Thankful was educated at home. At the age of 15 she was inspired by a preacher who quoted from the New Testament in the original Greek. She wanted to read the Greek scriptures, and asked the preacher if she could borrow his books. He said, “No way, José,” or words to that effect. Many years later she was able to acquire said scriptures in Greek along with a Greek-Latin Latin-Greek lexicon. Excellent! The only problem was she now had to learn Latin as well as Greek to translate the darn thing. “No problemo,” she said (or words to that effect). “I can do that while I spin, hombre!”
To give you a taste of why I find Thankful’s story so sweet, here are some tidbits from an article by Washington, VT compatriot Lena Roberts, cited in the book. “[Thankful] had a predilection for metaphysical and scientific works. She is in sympathy with Spinoza. […] She gave much attention to chemistry […]. She hatcheled and spun the flax and wove the canvas, on which she wrought in colors the combining proportions of the elements.”
Here I’m picturing a needlepoint or crewel work periodic table, and I want one.

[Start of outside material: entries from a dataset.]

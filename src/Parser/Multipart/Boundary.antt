-- ===== src/Parser/Multipart/Boundary.antt =====
-- webcc/request_parser.cc: what `GetNextBoundaryLine` takes for the last boundary.
use devops_workshop.Http.Globals.{crlf}
use devops_workshop.Parser.Multipart.{
  ends_dashed, boundary_at, same_prefix, sets_end, is_boundary, Found, scan_round, scan,
  get_next_boundary_line,
}
use devops_workshop.Prelude.{
  ℕ, suc, ◌≡◌, refl, ap, ◌∙◌, Bool, true, false, ◌||◌, ◌∷◌, ◌++◌, arith, if◌then◌else◌, length,
  length-append, drop, drop-append, ◌+◌, ◌-◌, ◌==◌, ◌≢◌, All-append, ◌&&◌, ◌⊎◌, inl, inr,
  Bool-cases, sym, [],
}
use devops_workshop.Bytes.{Text, Lacks, codes, equal, next_line_lem}

-- a boundary line that does not close
abbrev pub inner_line : Text → Text
inner_line boundary = b'-' ∷ b'-' ∷ boundary

same_prefix_refl : (a : Text) → same_prefix a a ≡ true
unfolding same_prefix
same_prefix_refl [] = refl
same_prefix_refl (x ∷ a) = ground (arith, same_prefix_refl a)

pub inner_is_boundary : (b : Text) → is_boundary b (inner_line b) ≡ true
unfolding is_boundary
inner_is_boundary b = ground (arith, same_prefix_refl b)

inner_sets_no_end : (b : Text) → sets_end b (inner_line b) ≡ false
unfolding sets_end
inner_sets_no_end b = ground arith

abbrev pub found_at : Text → Text → Bool → Found
found_at before behind closing = record { before = before; behind = behind; closing = closing }

-- The first of the lines that are no boundary is skipped.
pub scan-other :
    (fuel : ℕ) (boundary before : Text) (c : ℕ) (line rest : Text) (closing : Bool)
    → Lacks 13 (c ∷ line)
    → is_boundary boundary (c ∷ line) ≡ false
    → scan (suc fuel) boundary before ((c ∷ line) ++ (13 ∷ 10 ∷ rest)) closing
      ≡ scan fuel boundary
          (before ++ ((c ∷ line) ++ crlf))
          rest
          (closing || sets_end boundary (c ∷ line))
unfolding scan
scan-other fuel boundary before c line rest closing l n =
    ap (λ o. scan_round (λ b r d. scan fuel boundary b r d) boundary o before closing)
      (next_line_lem (c ∷ line) rest l)
    ∙ ap
        (λ b.
          if b
          then boundary_at (record {
            before = before;
            behind = rest;
            closing = closing || sets_end boundary (c ∷ line);
          })
          else scan fuel boundary (before ++ ((c ∷ line) ++ crlf)) rest
              (closing || sets_end boundary (c ∷ line)))
        n

pub scan-inner :
    (fuel : ℕ) (boundary before rest : Text) (closing : Bool)
    → Lacks 13 boundary
    → scan (suc fuel) boundary before (inner_line boundary ++ (13 ∷ 10 ∷ rest)) closing
      ≡ boundary_at (record { before = before; behind = rest; closing = closing })
unfolding scan
scan-inner fuel boundary before rest closing l =
    ap (λ o. scan_round (λ b r d. scan fuel boundary b r d) boundary o before closing)
      (next_line_lem (inner_line boundary) rest
        ((λ e. absurd (omega arith)), ((λ e. absurd (omega arith)), l)))
    ∙ rw (inner_is_boundary boundary, inner_sets_no_end boundary) (keep closing)
  where
    keep :
        (d : Bool)
        → boundary_at (found_at before rest (d || false)) ≡ boundary_at (found_at before rest d)
    keep true = refl
    keep false = refl

-- the boundary line that closes the body
abbrev pub closing_line : Text → Text
closing_line boundary = inner_line boundary ++ codes "--"

pub closing_dashed : (b : Text) → ends_dashed (closing_line b) ≡ true
unfolding equal
closing_dashed b =
    let e : length (closing_line b) - 2 ≡ length (inner_line b) =
      omega (arith, length-append b (codes "--")) in
    ap (λ n. equal (drop n (closing_line b)) (codes "--")) e
    ∙ ap (λ t. equal t (codes "--")) (drop-append (inner_line b) (codes "--"))

pub closing_longer : (b : Text) → (length (closing_line b) == length b + 2) ≡ false
closing_longer b = ground (arith, length-append b (codes "--"))

pub closing_length : (b : Text) → (length (closing_line b) == length b + 4) ≡ true
closing_length b = ground (arith, length-append b (codes "--"))

pub closing_sets_end : (b : Text) → sets_end b (closing_line b) ≡ true
unfolding sets_end
closing_sets_end b = rw (closing_length b, closing_dashed b) refl

-- Texts of one length without a null character that `strncmp` takes for the same are the same.
same_prefix_eq :
    (a b t : Text) → length a ≡ length b → Lacks 0 a → same_prefix a (b ++ t) ≡ true → a ≡ b
unfolding same_prefix
same_prefix_eq [] [] t n l e = refl
same_prefix_eq [] (y ∷ b) t n l e = absurd (omega arith)
same_prefix_eq (x ∷ a) [] t n l e = absurd (omega arith)
same_prefix_eq (x ∷ a) (y ∷ b) t n l e =
    let (same, later) = agree (x == y) (x == 0) (same_prefix a (b ++ t)) (dec_false l.0) e in
    rw (eq_sound x y same) (ap (λ (s : Text). y ∷ s) (same_prefix_eq a b t (omega arith) l.1 later))
  where
    agree : (p q r : Bool) → q ≡ false → (p && (q || r)) ≡ true → (p ≡ true) × (r ≡ true)
    agree true true r f g = absurd (cc)
    agree true false r f g = (refl, g)
    agree false q r f g = absurd (cc)

    dec_false : x ≢ 0 → (x == 0) ≡ false
    dec_false h = grind arith

    eq_sound : (u v : ℕ) → (u == v) ≡ true → u ≡ v
    eq_sound u v h = grind arith

pub closing-Lacks : (b : Text) → Lacks 13 b → Lacks 13 (closing_line b)
closing-Lacks b l = (
  (λ e. absurd (omega arith)),
  (
    (λ e. absurd (omega arith)),
    All-append (λ x. x ≢ 13) b (codes "--") l
        ((λ e. absurd (omega arith)), ((λ e. absurd (omega arith)), tt)),
  ),
)

-- A line with the form of a closing boundary, of another text than the boundary, is no boundary line.
closing_other :
    (boundary other : Text)
    → length other ≡ length boundary
    → Lacks 0 boundary
    → other ≢ boundary
    → is_boundary boundary (closing_line other) ≡ false
unfolding is_boundary
closing_other boundary other n l d =
    let longer : (length (closing_line other) == length boundary + 2) ≡ false =
      rw (← n) (closing_longer other) in
    let long : (length (closing_line other) == length boundary + 4) ≡ true =
      rw (← n) (closing_length other) in
    rw (longer, long, closing_dashed other)
      (no_prefix (Bool-cases (same_prefix boundary (other ++ codes "--"))))
  where
    no_prefix :
        (same_prefix boundary (other ++ codes "--") ≡ true)
          ⊎ (same_prefix boundary (other ++ codes "--") ≡ false)
        → same_prefix boundary (other ++ codes "--") ≡ false
    no_prefix (inl e) = absurd (d (sym (same_prefix_eq boundary other (codes "--") (sym n) l e)))
    no_prefix (inr e) = e

closing_other_sets_end :
    (boundary other : Text)
    → length other ≡ length boundary
    → sets_end boundary (closing_line other) ≡ true
unfolding sets_end
closing_other_sets_end boundary other n =
    let long : (length (closing_line other) == length boundary + 4) ≡ true =
      rw (← n) (closing_length other) in
    rw (long, closing_dashed other) refl

-- Data of one line that begins and ends with two dashes and is as long as the closing boundary, of
-- another text than the boundary, in front of a boundary line that does not close the body, where the
-- line and the boundary hold no carriage return and the boundary no null character: the boundary line
-- is found behind the data, and is taken for the closing one.
pub get_next_boundary_line-inner :
    (boundary other rest : Text)
    → Lacks 13 other
    → Lacks 13 boundary
    → Lacks 0 boundary
    → length other ≡ length boundary
    → other ≢ boundary
    → get_next_boundary_line boundary
        (closing_line other ++ (13 ∷ 10 ∷ (inner_line boundary ++ (13 ∷ 10 ∷ rest))))
      ≡ boundary_at (found_at (closing_line other ++ crlf) rest true)
unfolding get_next_boundary_line
get_next_boundary_line-inner boundary other rest l b z n d =
    let behind = inner_line boundary ++ (13 ∷ 10 ∷ rest) in
    let line = b'-' ∷ (other ++ codes "--") in
    scan-other (length ((b'-' ∷ line) ++ (13 ∷ 10 ∷ behind))) boundary [] b'-' line behind false
      (closing-Lacks other l) (closing_other boundary other n z d)
    ∙ ap
        (scan (length ((b'-' ∷ line) ++ (13 ∷ 10 ∷ behind))) boundary ((b'-' ∷ line) ++ crlf)
          behind)
        (closing_other_sets_end boundary other n)
    ∙ scan-inner (length (line ++ (13 ∷ 10 ∷ behind))) boundary ((b'-' ∷ line) ++ crlf) rest true b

“The study of botany, zoology and biology, with the aid of a microscope, have been pursued with avidity.” This in addition to raising a family and all the daily labors of a household. She earned $12 (which must have been a lot of cash in those days) to buy a dictionary by spinning yarn for several weeks.
According to an article from the Boston Globe in 1892, “[…] [A]fter the spinning wheel had earned the books, it had all the family to provide for. So study and work went hand in hand. The old lady would sit at her wheel, busily spinning, with her Latin grammar and her Greek grammar, and her Worcester’s dictionary propped open before her, and through the long afternoons the crooning conjugations of amo would mingle with the drooning whirr of the spinning wheel.”
OK, I’m sure this account is romanticized, but I still love Thankful Barron Taylor. Her pieces in the collection include a point twill and two 5 harness spot Bronson designs. She lived to the ripe old age of 95; December 17th, 2011 will mark the 115th anniversary of her death. Thank you, Thankful!